# articulating plasma mount



## dmspen (Dec 1, 2006)

I'm getting my new Panny P54G25 next week and am thinking of mounting it on the wall. The wall I'm putting it on is in a niche and is 30 inches deep. With the TV being 3.5 inches thick, I need a mount to bring it out about 27 inches more or less, including depth of the mount.
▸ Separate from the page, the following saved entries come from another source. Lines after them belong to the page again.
-- ===== src/Received/Ends.antt =====
-- Retrying ends: a row that keeps failing is closed before long, and a closed row stays as it is.
use mathlib.Core.List.{Memᴰ}
use kafkaman.Base.{
  ℕ, suc, ◌≤◌, String, Bool, true, false, List, [], ◌∷◌, ◌≡◌, refl, inl, inr, sym, ap, ◌∙◌, arith,
  length, if◌then◌else◌, Bool-cases, if_elim,
}
use kafkaman.Base.Int.{pos_part}
use kafkaman.Base.Table.{update_where, mem-update_where}
use kafkaman.Core.Status.{receive_is_terminal}
use kafkaman.Failure.{FailureDisposition}
use kafkaman.Received.{ReceivedRow, RetryPolicy}
use kafkaman.Received.Retry.{u32_max}
use kafkaman.Received.Rows.{
  is_open, is_due, failure_of, to_failed, to_processed, schedule_for, mark_received_processed,
  record_received_failure, ReceivedFailureRecord,
}
use kafkaman.Received.Recording.{
  IsBudgeted, schedule_for-IsScheduled, to_failed-IsBudgeted, to_failed-attempts,
}

-- A failure, as the dispatcher reports it: its class, its text and the time.
abbrev pub Cause : Type 0
Cause = FailureDisposition × String × ℕ

failure_of-attempts :
    {Json : Type 0} (r : ReceivedRow Json) (d : FailureDisposition) (message : String) (t : ℕ)
    → (failure_of r d message t).current_attempts ≡ r.attempts
unfolding failure_of
failure_of-attempts r d message t = refl

module _ {Json : Type 0} (draw : ℕ → ℕ) (policy : RetryPolicy) where
  -- What the statement of `record_received_failure` makes of the row it was made from.
  unfoldable pub fail_once : Cause → ReceivedRow Json → ReceivedRow Json
  unfolding failure_of schedule_for to_failed is_open
  fail_once (d, message, t) r =
      let f = failure_of r d message t in
      if is_open r.message_id r then to_failed (schedule_for draw policy f) f r else r

  -- The failures of a list one after the other, the last of the list first.
  unfoldable pub fail_all : List Cause → ReceivedRow Json → ReceivedRow Json
  unfolding fail_once
  fail_all [] r = r
  fail_all (c ∷ causes) r = fail_once c (fail_all causes r)

  -- A budgeted row that is open has had this many failures at least.
  record HasFailed (n : ℕ) (r : ReceivedRow Json) : Type 0 where
    budget : IsBudgeted policy r
    counted : is_open r.message_id r ≡ true → n ≤ budget.count

  failed-HasFailed :
      (f : ReceivedFailureRecord) (n : ℕ) (r : ReceivedRow Json)
      → policy.max_attempts ≤ u32_max
      → f.current_attempts ≡ r.attempts
      → is_open r.message_id r ≡ true
      → HasFailed n r
      → HasFailed (suc n) (to_failed (schedule_for draw policy f) f r)
  failed-HasFailed f n r u e o i =
      let s = schedule_for draw policy f in
      let room = i.budget.left o in
      let b =
        to_failed-IsBudgeted policy f s r i.budget
          (schedule_for-IsScheduled draw policy f i.budget.count (e ∙ i.budget.attempts)
            (omega arith))
          o in
      let same : suc i.budget.count ≡ b.count =
        ap pos_part
          (sym (to_failed-attempts policy f s r i.budget.count i.budget.attempts) ∙ b.attempts) in
      record { budget = b; counted = λ h. omega (arith, i.counted o, same) }

  fail_once-HasFailed :
      (c : Cause) (n : ℕ) (r : ReceivedRow Json)
      → policy.max_attempts ≤ u32_max
      → HasFailed n r
      → HasFailed (suc n) (fail_once c r)
  unfolding fail_once
  fail_once-HasFailed (d, message, t) n r u i =
      if_elim (HasFailed (suc n)) (is_open r.message_id r)
        (λ o.
          failed-HasFailed (failure_of r d message t) n r u (failure_of-attempts r d message t) o i)
        (λ o. record { budget = i.budget; counted = λ h. absurd (cc (h, o)) })

  fail_all-HasFailed :
      (causes : List Cause) (r : ReceivedRow Json)
      → policy.max_attempts ≤ u32_max
      → IsBudgeted policy r
      → HasFailed (length causes) (fail_all causes r)
  unfolding fail_all
  fail_all-HasFailed [] r u i = record { budget = i; counted = λ h. omega arith }
  fail_all-HasFailed (c ∷ causes) r u i =
      fail_once-HasFailed c (length causes) _ u (fail_all-HasFailed causes r u i)

  -- A row within its budget, of at most 2 ^ 32 - 1 attempts, is closed once as many failures as the
  -- budget has attempts were recorded against it, whatever they are; and it is within its budget.
  pub retries_end :
      (causes : List Cause) (r : ReceivedRow Json)
      → policy.max_attempts ≤ u32_max
      → IsBudgeted policy r
      → policy.max_attempts ≤ length causes
      → (is_open (fail_all causes r).message_id (fail_all causes r) ≡ false)
        × IsBudgeted policy (fail_all causes r)
  retries_end causes r u i h =
      let done = fail_all-HasFailed causes r u i in
      elim (Bool-cases (is_open (fail_all causes r).message_id (fail_all causes r))) [
        | inl o ↦ absurd (omega (arith, done.counted o, done.budget.left o))
        | inr o ↦ (o, done.budget)
      ]

module _ {Json : Type 0} where
  closed-not_open :
      (m : ℕ) (r : ReceivedRow Json) → receive_is_terminal r.status ≡ true → is_open m r ≡ false
  unfolding is_open receive_is_terminal
  closed-not_open m r h = ground arith

  -- A row with a terminal status is never due, and neither of the two statements changes it.
  pub closed_is_final :
      (rows : List (ReceivedRow Json)) (r : ReceivedRow Json)
      → Memᴰ r rows
      → receive_is_terminal r.status ≡ true
      → ((t : ℕ) → is_due t r ≡ false)
        × ((m t : ℕ) → Memᴰ r (mark_received_processed m t rows).0)
        × ((draw : ℕ → ℕ) (policy : RetryPolicy) (f : ReceivedFailureRecord)
            → Memᴰ r (record_received_failure draw policy f rows).0)
  unfolding is_due receive_is_terminal mark_received_processed record_received_failure
  closed_is_final rows r k h = (
    λ t. ground arith,
    λ m t. kept (is_open m) (to_processed t) (closed-not_open m r h),
    λ draw policy f.
        kept (is_open f.message_id) (to_failed (schedule_for draw policy f) f)
          (closed-not_open f.message_id r h),
  )
    where
      kept :
          (p : ReceivedRow Json → Bool) (f : ReceivedRow Json → ReceivedRow Json)
          → p r ≡ false
          → Memᴰ r (update_where p f rows)
      kept p f e = rw e at (mem-update_where p f k)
I'm also looking to attach on-wall speakers to the side so it needs to be able to have an optional speaker attachment.
TV weight is 65 lbs, speakers are 23 total.
Anyone with experience?


----------



## Drucifer (Feb 12, 2009)

A mount to come out that far for a 54" would cost about $500. Better to build a wall only a few inches deep and use a much simpler mount.


----------



## BattleZone (Nov 13, 2007)

Agreed. And few TV mounts have mounting points for speakers.


----------



## tgater (Jul 24, 2007)

Check this site out. I don't have any experience with them, but I've been lurking.

http://www.chiefmfg.com/


----------



## Carl Spock (Sep 3, 2004)

I've used Chief brackets in the past. They are very well built and if anybody had one that would fit all your needs, *dmspen*, they would.

$500 would be a good starting point for a bracket as specific as you want, with both the depth and speaker brackets being killer requirements.

You'll never use a standard depth TV in this spot again, dmspen. It's time to call a carpenter. $200 worth of labor, 2x4s and sheetrock can solve this problem. Build it out. It's the way I'd do it.


----------



## Carl Spock (Sep 3, 2004)

Over a morning cup of coffee, I've been thinking what an engineering disaster this could be if you do this the way you want to, dmspen.

Every try holding a 10 pound weight at arms length for even a minute? It's tough. Now imagine you're holding a 100 pound weight, which would be your TV and speakers, at arms length for 10 years. While you wouldn't have to deal with muscle fatigue, metal fatigue is very real. Add onto that the constant strain on any lag bolts you use to mount the bracket to the wall and you are just asking for trouble. The TV would shift with time. Of that I can be sure. Whether it would crash to the floor in the middle of the night, I can't say, but that very easily could happen, too.


----------



## dmspen (Dec 1, 2006)

Hmmm. I found this mount:
http://www.sanus.com/us/en/products/visionmount/full-motion-mount/VMAA26

with optional speaker brackets:
http://www.sanus.com/us/en/products/visionmount/speaker-mount/LAS1A

Adding a wall is not quite so trivial as it seems. It's a former wet bar and there are power outlets and a wall switch to move as well as an ovehead light fixture.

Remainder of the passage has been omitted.